Book(s) Request to Prepare for Algebraic Number Theory

I'll convert this to an answer, since it's getting somewhat long and I believe it answers the question.

Artin's book is more than enough preparation for Samuel's.

Maybe I can allay your fears about what Artin omits. In basic algebraic number theory your fields are either of characteristic zero (finite extensions of $\mathbf Q$ and their completions) or are finite fields (reductions of rings of integers modulo primes), and these are always perfect. Infinite extensions do not play a significant role until you start learning class field theory.

Note too that Samuel defines and proves basic properties about principal rings, modules, algebraic extensions, Galois extensions, and more; so in theory you wouldn't have to know much about those in order to begin reading.
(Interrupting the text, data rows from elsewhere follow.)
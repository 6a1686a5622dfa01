-- ===== src/Token.antt =====
-- server/token.go: the tokens in emailed links. A token is a sealed claim (branca, third-party);
-- the storage backend remembers for whom one was issued and which were used. Times in seconds.
pub mod Laws
pub mod Tests
use mokey.Base.{
  Bool, Option, String, concat, false, if◌then◌else◌, nat_eq, none, some, string_eq, true, ℕ, ◌*◌,
  ◌+◌, ◌-◌, ◌<◌, ◌≡◌,
}
use mokey.Storage.{Storage, Codec, Fetched, failed, missing, found}

-- The fields of `Token` that go into the payload.
pub record Claims : Type 0 where
  pub username : String
  pub email : String

pub record Token : Type 0 where
  pub claims : Claims
  pub open claims use *
  pub timestamp : ℕ

-- essentialkos/branca under the secret of `email.token_secret`. `new_branca` is hex.DecodeString
-- and branca.NewBranca; `encode` seals a payload at a time; `decode` opens a token.
pub record Branca (Bytes : Type 0) : Type 1 where
  pub Key : Type 0
  pub new_branca : String → Option Key
  pub encode : Key → ℕ → Bytes → Option String
  pub decode : Key → String → Option (Bytes × ℕ)
  pub is_expired : ℕ → ℕ → ℕ → Bool

-- What is documented of it: a sealed payload is opened again with the time of its sealing, and a
-- token is not expired before its maximal age and is expired past it.
pub record IsSealing {Bytes : Type 0} (b : Branca Bytes) : Type 0 where
  pub decode-encode :
      (k : b.Key) (now : ℕ) (payload : Bytes) (token : String)
      → b.encode k now payload ≡ some token
      → b.decode k token ≡ some (payload, now)
  pub young : (stamp age now : ℕ) → now < stamp + age → b.is_expired stamp age now ≡ false
  pub old : (stamp age now : ℕ) → stamp + age < now → b.is_expired stamp age now ≡ true

pub data TokenError : Type 0 where
  storage_error already_issued already_used bad_claims bad_key bad_token expired : TokenError

pub data Outcome {ℓ} (A : Type ℓ) : Type ℓ where
  ok : A → Outcome A
  err : TokenError → Outcome A

abbrev pub token_used_prefix : String
token_used_prefix = "used-"

abbrev pub token_issued_prefix : String
token_issued_prefix = "issued-"

unfoldable pub issued_key : String → String → String
issued_key prefix username = concat (concat prefix token_issued_prefix) username

unfoldable pub used_key : String → String → String
used_key prefix token = concat (concat prefix token_used_prefix) token

-- The settings that the tokens go by.
pub record TokenConfig : Type 0 where
  pub token_secret : String
  pub token_max_age : ℕ
  pub resend_cooldown : ℕ

infixl 5 ◌>>=◌
abbrev pub ◌>>=◌ {ℓ κ} : {A : Type ℓ} {B : Type κ} → Outcome A → (A → Outcome B) → Outcome B
ok a >>= f = f a
err e >>= f = err e

abbrev pub or_error {ℓ} : {A : Type ℓ} → TokenError → Option A → Outcome A
or_error e none = err e
or_error e (some a) = ok a

module _ {Bytes : Type 0} (db : Storage Bytes) (json : Codec Bytes Claims) (b : Branca Bytes)
    (text : String → Bytes) (cfg : TokenConfig) where
  -- A key that must not be there: an error of the storage is an error of the caller.
  unfoldable pub require_missing : TokenError → Fetched Bytes → Outcome (Unit {0})
  require_missing e failed = err storage_error
  require_missing e missing = ok tt
  require_missing e (found raw) = err e

  -- The token for the claims, before the marker is written.
  unfoldable pub seal_token : db.State → ℕ → String → String → String → Outcome String
  unfolding require_missing issued_key
  seal_token s now username email prefix = do
    _ ← require_missing already_issued (db.get s now (issued_key prefix username))
    payload ← or_error bad_claims (json.marshal (record { username = username; email = email }))
    key ← or_error bad_key (b.new_branca cfg.token_secret)
    or_error bad_token (b.encode key now payload)

  -- The marker that a token was issued dies with the cooldown.
  unfoldable pub mark_issued :
      db.State → ℕ → String → String → Outcome String → db.State × Outcome String
  mark_issued s now username prefix (err e) = (s, err e)
  mark_issued s now username prefix (ok token) =
      let (done, s') =
        db.set s now (issued_key prefix username) (text "true") cfg.resend_cooldown in
      (s', (if done then ok token else err storage_error))

  unfoldable pub new_token : db.State → ℕ → String → String → String → db.State × Outcome String
  unfolding seal_token mark_issued
  new_token s now username email prefix =
      mark_issued s now username prefix (seal_token s now username email prefix)

  unfoldable pub open_payload : ℕ → Bytes × ℕ → Outcome Token
  open_payload now (payload, stamp) =
      if b.is_expired stamp cfg.token_max_age now then err expired else do
        claims ← or_error bad_claims (json.unmarshal payload)
        ok (record { claims = claims; timestamp = stamp })

  unfoldable pub parse_token : db.State → ℕ → String → String → Outcome Token
  unfolding require_missing used_key open_payload
  parse_token s now token prefix = do
    _ ← require_missing already_used (db.get s now (used_key prefix token))
    key ← or_error bad_key (b.new_branca cfg.token_secret)
    sealed ← or_error bad_token (b.decode key token)
    open_payload now sealed

  -- `time.Until` the end of the token's life; it is called for a token that is not expired.
  unfoldable pub mark_token_used : db.State → ℕ → String → String → Token → db.State
  unfolding used_key
  mark_token_used s now token prefix claims =
      (db.set s now (used_key prefix token) (text "true")
        (claims.timestamp + cfg.token_max_age - now)).1
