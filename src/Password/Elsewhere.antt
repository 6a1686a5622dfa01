-- ===== src/Password/Elsewhere.antt =====
-- server/password.go: which users have no FreeIPA password to change, by their ipauserauthtype.
use mokey.Base.{
  Bool, List, String, [], contains, false, filter, if◌then◌else◌, length, nat_eq, not, string_eq,
  ◌==◌, ◌||◌, ◌∷◌,
}

abbrev pub AuthTypes : Type 0
AuthTypes = List String

abbrev pub any_password : AuthTypes → Bool
any_password [] = false
any_password (t ∷ types) = t == "password" || t == "otp" || t == "hardened" || any_password types

-- usesFreeIPAPassword
unfoldable pub uses_free_ipa_password : AuthTypes → Bool
uses_free_ipa_password types = length types == 0 || any_password types

-- The types that count: the server's, if the user has none or it switches the users' off.
unfoldable pub effective_types : AuthTypes → AuthTypes → AuthTypes
effective_types types default_types =
    if length types == 0 || contains default_types "disabled"
    then filter (λ t. not (t == "disabled")) default_types
    else types

-- passwordElsewhere; "" for a user who has a FreeIPA password.
unfoldable pub password_elsewhere : AuthTypes → AuthTypes → String
unfolding uses_free_ipa_password effective_types
password_elsewhere types default_types =
    let effective = effective_types types default_types in
    if uses_free_ipa_password effective
    then ""
    else if contains effective "idp"
    then "password.managed_by_idp"
    else if contains effective "radius"
    then "password.managed_by_radius"
    else "password.not_used"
It's a very approachable book.


Well, if anyone's interested, I started "Ireland and Rosen." As many people have pointed out (even as recently as a few minutes ago) it's a great book which I think will be beneficial in it's own right, and as preparation for the future.


Pierre Colmez has written an amazing text, entitled Éléments d'analyse et d'algèbre (et de théorie des nombres). Here's the table of contents. It's so technically precise and well digested that I think probably this book could serve as a nice reference for most of undergraduate analysis and algebra as well. This text together with Samuel's book should be good preparation. There's also Dino Lorenzini's An invitation to arithmetic geometry, which I personally like quite a lot.